Итак, при написании я имел на руках фотокопии самого кодекса, перевод кодекса на русский язык, около двухсот страниц комментариев А. П. к переводу и его предсмертное письмо ко мне, приводить которое я считаю излишним. Где находятся оригинал кодекса и его имитация сейчас и какие инструкции получили те люди, которые, я надеюсь, будут добиваться научной публикации, мне неизвестно.
Мои сердечные благодарности поэту и писателю Даниэлю Клугеру, который уже не в первый раз приходит мне на помощь, и Руслану Хазарзару, чей фундаментальный труд «Сын человеческий» помог мне сориентироваться во многих реалиях древности.

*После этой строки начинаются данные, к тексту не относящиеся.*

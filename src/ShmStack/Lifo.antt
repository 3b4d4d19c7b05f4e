-- ===== src/ShmStack/Lifo.antt =====
-- CShmStack (shm_stack.h) against a list of at most m_TotalItemNum items, newest first.
use spp_server_frame_work.Base.{
  ℕ, zero, suc, ◌+◌, ◌-◌, ◌^◌, ◌%◌, ◌≤◌, ◌<◌, ◌≡◌, refl, ◌⊎◌, inl, inr, List, [], ◌∷◌, none, some,
  length, get_elem?, arith, dec_lt, ==-eq_false, ◌==◌, if◌then◌else◌, ==-refl,
}
use spp_server_frame_work.ShmStack.{ShmStack, push, pop}

pub record Stacks {ℓ} {A : Type ℓ} (s : ShmStack A) (xs : List A) : Type ℓ where
  pub small : s.total_item_num < 2 ^ 64
  pub room : length xs ≤ s.total_item_num
  pub count : s.cur_item_num ≡ length xs
  pub items : (k : ℕ) → k < length xs → get_elem? xs k ≡ some (s.nodes (length xs - 1 - k))

module _ {ℓ} {A : Type ℓ} where
  -- For a stack that holds a list: `Push` refuses just the item that is one too many, and puts any other on top.
  pub push-Stacks :
      {s : ShmStack A} (xs : List A) (x : A)
      → Stacks s xs
      → ((length xs ≡ s.total_item_num) × (push s x ≡ none))
        ⊎ ((s' : ShmStack A) × (length xs < s.total_item_num)
            × (push s x ≡ some s')
            × Stacks s' (x ∷ xs))
  unfolding push
  push-Stacks {s} xs x v = elim (dec_lt (length xs) s.total_item_num) [
    | yes h ↦ inr (
      record s {
        nodes = λ i. if i == s.cur_item_num then x else s.nodes i;
        cur_item_num = (s.cur_item_num + 1) % 2 ^ 64;
      },
      h,
      ground (arith, v.count),
      record {
        small = v.small;
        room = omega arith;
        count = omega (arith, v.count, v.small);
        items = items';
      },
    )
    | no h ↦ inl (omega (arith, v.room), ground (arith, v.count, v.room))
  ]
    where
      items' :
          (k : ℕ)
          → k < length (x ∷ xs)
          → get_elem? (x ∷ xs) k
            ≡ some (
                if length (x ∷ xs) - 1 - k == s.cur_item_num
                then x
                else s.nodes (length (x ∷ xs) - 1 - k))
      items' zero h =
          let e : length (x ∷ xs) - 1 - 0 ≡ s.cur_item_num = omega (arith, v.count) in
          rw (e, ==-refl s.cur_item_num) refl
      items' (suc k) h =
          let e : length (x ∷ xs) - 1 - suc k ≡ length xs - 1 - k = omega arith in
          rw (e, ==-eq_false (length xs - 1 - k) s.cur_item_num (omega (arith, v.count)))
            (v.items k (omega arith))

  -- For a stack that holds a list: `Pop` refuses just the empty stack, and takes the newest item otherwise.
  pub pop-Stacks :
      {s : ShmStack A} (xs : List A)
      → Stacks s xs
      → ((xs ≡ []) × (pop s ≡ none))
        ⊎ ((x : A) × (rest : List A) × (s' : ShmStack A) × (xs ≡ x ∷ rest)
            × (pop s ≡ some (x, s'))
            × Stacks s' rest)
  unfolding pop
  pop-Stacks {s} [] v = inl (refl, ground (arith, v.count))
  pop-Stacks {s} (x ∷ rest) v = inr (
    x,
    rest,
    record s { cur_item_num = s.cur_item_num - 1 },
    refl,
    top,
    record {
      small = v.small;
      room = omega (arith, v.room);
      count = omega (arith, v.count);
      items = λ k h.
          (let e : length (x ∷ rest) - 1 - suc k ≡ length rest - 1 - k = omega arith in
            rw e at (v.items (suc k) (omega arith)));
    },
  )
    where
      top : pop s ≡ some (x, record s { cur_item_num = s.cur_item_num - 1 })
      top =
          let e : s.cur_item_num ≡ suc (length rest) = v.count in
          let f : length (x ∷ rest) - 1 - 0 ≡ s.cur_item_num - 1 = omega (arith, v.count) in
          let g = rw f at (v.items 0 (omega arith)) in ground (arith, g, e)
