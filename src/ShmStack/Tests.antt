-- ===== src/ShmStack/Tests.antt =====
-- CShmStack at concrete inputs.
use spp_server_frame_work.Base.{
  ℕ, zero, suc, ◌<◌, ◌≡◌, ◌⊎◌, refl, List, [], ◌∷◌, some, none, get_elem?, ◌-◌, arith, ◌==◌,
  if◌then◌else◌,
}
use spp_server_frame_work.ShmStack.{ShmStack, pop}
use spp_server_frame_work.ShmStack.Lifo.{Stacks, pop-Stacks}

abbrev two_items : List ℕ
two_items = 9 ∷ 8 ∷ []

abbrev stack : ShmStack ℕ
stack = record { total_item_num = 3; cur_item_num = 2; nodes = λ i. if i == 0 then 8 else 9 }

stack-Stacks : Stacks stack two_items
stack-Stacks = record { small = omega arith; room = omega arith; count = refl; items = items }
  where
    items : (k : ℕ) → k < 2 → get_elem? two_items k ≡ some (stack.nodes (2 - 1 - k))
    items zero h = refl
    items (suc zero) h = refl
    items (suc (suc k)) h = absurd (omega arith)

pop-Stacks_example :
    ((two_items ≡ []) × (pop stack ≡ none))
    ⊎ ((x : ℕ) × (rest : List ℕ) × (s' : ShmStack ℕ) × (two_items ≡ x ∷ rest)
        × (pop stack ≡ some (x, s'))
        × Stacks s' rest)
pop-Stacks_example = pop-Stacks two_items stack-Stacks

Я настоятельно рекомендую эту книгу всем, желающим не только верить, но и знать.
И, конечно, отдельное спасибо Иосифу Флавию.
Еще несколько слов от автора.
Об именах и географических названиях. В рукописи они, как правило, приводятся в непривычном для нас виде, а именно: греческими буквами воспроизводится звучание имени либо названия; иногда бывает трудно понять, о чем или о ком идет речь. Есть случаи, когда имя одного и того же человека в одном месте написано так, как оно звучит по-еврейски, в другом – как по-гречески, в третьем – скорее всего, по-арамейски. Я говорю «скорее всего» потому, что точной фонетики арамейского не знает никто. Если учесть, что кодекс написан на одном из диалектов лаконского (спартанского) языка, который в произношении отличался от общегреческого койне весьма значительно, то понятно, насколько тяжело было иногда разобраться, кто или что имеется в виду.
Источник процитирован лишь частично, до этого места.